If AI compatibility is becoming a selection pressure for which technologies developers choose, then it’s also becoming a selection pressure for which open source projects grow and which ones stagnate. A framework that doesn’t play well with AI tooling is going to see slower contribution rates, not because developers consciously boycott it, but because working on it feels like fighting an uphill battle compared to alternatives.
This is worth paying attention to if you maintain an open source project. How well does your API surface, your type system, your documentation structure support AI-assisted development? That’s becoming a real dimension of project health.
The Awareness Gap
Most of the technology decisions I’ve seen made in the past year have AI compatibility baked in implicitly. The team picks TypeScript over plain JavaScript and half the reason is “the tooling feels better.” Nobody says “our AI code generation works better with strong types.” They just feel the difference and make the call.

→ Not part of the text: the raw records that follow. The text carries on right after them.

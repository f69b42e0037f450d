-- ===== src/Service/Hybrid/Laws.antt =====
-- application/service.go: what a hybrid search returns.
use mathlib.Core.List.{Permᴰ}
use para_mcp.Prelude.{
  ℕ, suc, ◌*◌, ◌≡◌, ◌≤◌, refl, ap, ◌∙◌, Bool, true, false, some, List, [], ◌∷◌, map, length, take,
  if◌then◌else◌, All, All-append, All-take, arith, Bool-cases, inl, inr, length-take-le,
}
use para_mcp.Prelude.Int.{ℤ, pos}
use para_mcp.Prelude.Sort.{All_perm, sort, All-sort}
use para_mcp.Prelude.Text.{Text, Unicode, contains}
use para_mcp.Domain.Results.{Result, ok, err, ◌>>=◌}
use para_mcp.Domain.Entities.{
  ScopeId, Note, NoteRef, NoteSummary, AuthFilter, RankedNote, Score, summary,
}
use para_mcp.Service.{Service, VectorHit, check_scopes}
use para_mcp.Service.Hybrid.{
  Fusion, Fused, same_ref, is_fused, bump, new_entry, fuse_lexical, fuse_semantic, fetched,
  fused_hits, hybrid_search, limit_of, ranked_before, to_ranked, or_no_hits, vector_hits,
}

module _ (P : NoteSummary → Type 0) (fu : Fusion) where
  abbrev AllFused : List Fused → Type 0
  AllFused = All (λ f. P f.summary)

  All-bump : (ref : NoteRef) (x : Score) (l : List Fused) → AllFused l → AllFused (bump fu ref x l)
  unfolding bump
  All-bump ref x [] h = tt
  All-bump ref x (f ∷ l) h = elim (Bool-cases (same_ref f.ref ref)) [
    | inl a ↦ rw a (h.0, h.1)
    | inr a ↦ rw a (h.0, All-bump ref x l h.1)
  ]

  All-if : (b : Bool) (l m : List Fused) → AllFused l → AllFused m → AllFused (if b then l else m)
  All-if true l m h k = h
  All-if false l m h k = k

  All-new_entry :
      (ref : NoteRef) (s : NoteSummary) (x : Score) (l : List Fused)
      → P s
      → AllFused l
      → AllFused (new_entry fu ref s x l)
  All-new_entry ref s x l p h =
      All-append (λ f. P f.summary) l (record { ref = ref; summary = s; score = fu.add 0 x } ∷ []) h
        (p, tt)

  All-fuse_lexical :
      (i : ℕ) (ns : List RankedNote) (l : List Fused)
      → All (λ n. P n.summary) ns
      → AllFused l
      → AllFused (fuse_lexical fu i ns l)
  unfolding fuse_lexical
  All-fuse_lexical i [] l k h = h
  All-fuse_lexical i (n ∷ ns) l k h =
      All-fuse_lexical (suc i) ns
        (if is_fused n.summary.ref l
          then bump fu n.summary.ref (fu.lexical i) l
          else new_entry fu n.summary.ref n.summary (fu.lexical i) l)
        k.1
        (All-if (is_fused n.summary.ref l) (bump fu n.summary.ref (fu.lexical i) l)
          (new_entry fu n.summary.ref n.summary (fu.lexical i) l)
          (All-bump n.summary.ref (fu.lexical i) l h)
          (All-new_entry n.summary.ref n.summary (fu.lexical i) l k.0 h))

  All-to_ranked : (l : List Fused) → AllFused l → All (λ n. P n.summary) (map to_ranked l)
  All-to_ranked [] h = tt
  All-to_ranked (f ∷ l) h = (h.0, All-to_ranked l h.1)

module _ (P : NoteSummary → Type 0) (u : Unicode) (nfc : Text → Text) {W : Type 0} (fu : Fusion)
    (s : Service W) (w : W)
    (stored : (path : Text) (note : Note) → s.vault.get w path ≡ ok note → P (summary u note)) where
  All-fetched :
      (ref : NoteRef) (x : Score) (r : Result Note) (l : List Fused)
      → s.vault.get w ref.path ≡ r
      → AllFused P fu l
      → AllFused P fu (fetched u fu ref x r l)
  All-fetched ref x (err e) l a h = h
  All-fetched ref x (ok note) l a h =
      All-new_entry P fu ref (summary u note) x l (stored ref.path note a) h

  All-fuse_semantic :
      (i : ℕ) (hs : List VectorHit) (l : List Fused)
      → AllFused P fu l
      → AllFused P fu (fuse_semantic u nfc fu s w i hs l)
  unfolding fuse_semantic
  All-fuse_semantic i [] l k = k
  All-fuse_semantic i (h ∷ hs) l k =
      All-fuse_semantic (suc i) hs
        (if is_fused h.ref l
          then bump fu h.ref (fu.semantic i) l
          else fetched u fu h.ref (fu.semantic i) (s.vault.get w h.ref.path) l)
        (All-if P fu (is_fused h.ref l) (bump fu h.ref (fu.semantic i) l)
          (fetched u fu h.ref (fu.semantic i) (s.vault.get w h.ref.path) l)
          (All-bump P fu h.ref (fu.semantic i) l k)
          (All-fetched h.ref (fu.semantic i) (s.vault.get w h.ref.path) l refl k))

  -- A hybrid search that is asked with scopes never fails, whatever its two searches answer; it has at most
  -- as many results as the limit, and whatever holds of the lexical hits and of each note that the vault
  -- has holds of every result, in whichever order the map is iterated.
  pub hybrid_search_lem :
      (arrange : List Fused → List Fused) (text : Text) (f : AuthFilter) (limit : ℤ)
      (allowed : List ScopeId)
      → ((l : List Fused) → Permᴰ (arrange l) l)
      → f.allowed_scopes ≡ some allowed
      → All
          (λ n. P n.summary)
          (or_no_hits (s.vault.search w text f.filter (pos (limit_of limit * 4))))
      → (out : List RankedNote) × (hybrid_search u nfc fu arrange s w text f limit ≡ ok out)
        × (length out ≤ limit_of limit)
        × All (λ n. P n.summary) out
  unfolding hybrid_search fused_hits check_scopes
  hybrid_search_lem arrange text f limit allowed p a k =
      let (out, e, b, c) = answered (contains s.vault.scope allowed) in
      (
        out,
        ap
              (λ o.
                check_scopes u nfc s o
                >>= (λ b. if b then ok (take (limit_of limit) ranked) else ok []))
              a
            ∙ e,
        b,
        c,
      )
    where
      ranked : List RankedNote
      ranked =
          sort ranked_before
            (map to_ranked (arrange (fused_hits u nfc fu s w text f (limit_of limit))))

      fused : AllFused P fu (fused_hits u nfc fu s w text f (limit_of limit))
      fused =
          All-fuse_semantic 0 (vector_hits u nfc fu s.searcher w text f (limit_of limit * 4))
            (fuse_lexical fu 0
              (or_no_hits (s.vault.search w text f.filter (pos (limit_of limit * 4)))) [])
            (All-fuse_lexical P fu 0
              (or_no_hits (s.vault.search w text f.filter (pos (limit_of limit * 4)))) [] k tt)

      answered :
          (b : Bool)
          → (out : List RankedNote) × ((if b then ok (take (limit_of limit) ranked) else ok [])
              ≡ ok out)
            × (length out ≤ limit_of limit)
            × All (λ n. P n.summary) out
      answered false = ([], refl, omega arith, tt)
      answered true = (
        take (limit_of limit) ranked,
        refl,
        length-take-le (limit_of limit) ranked,
        All-take (λ n. P n.summary) (limit_of limit) ranked
            (All-sort ranked_before (λ n. P n.summary)
              (map to_ranked (arrange (fused_hits u nfc fu s w text f (limit_of limit))))
              (All-to_ranked P fu (arrange (fused_hits u nfc fu s w text f (limit_of limit))) (
                All_perm (λ g. P g.summary) (p (fused_hits u nfc fu s w text f (limit_of limit)))
                  fused))),
      )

There’s nothing wrong with that. But there’s a difference between making a choice because of unconscious friction avoidance and making it with full awareness of what’s driving the preference.
Think about the last three technology choices you made. How much of it was driven by how smooth the experience felt with your AI tools versus deliberate evaluation of the tradeoff? If you can’t answer that cleanly, the tools might be making more of the decision than you are.
The convenience loop is real, it works, and it’s encoding preferences across the entire developer ecosystem right now. The question isn’t whether to use AI tools or fight the loop. The question is whether you’re aware enough of the loop to steer it toward choices you’d actually endorse on reflection.
Technology decisions have always been path dependent. AI is just making the paths form faster than we’re used to.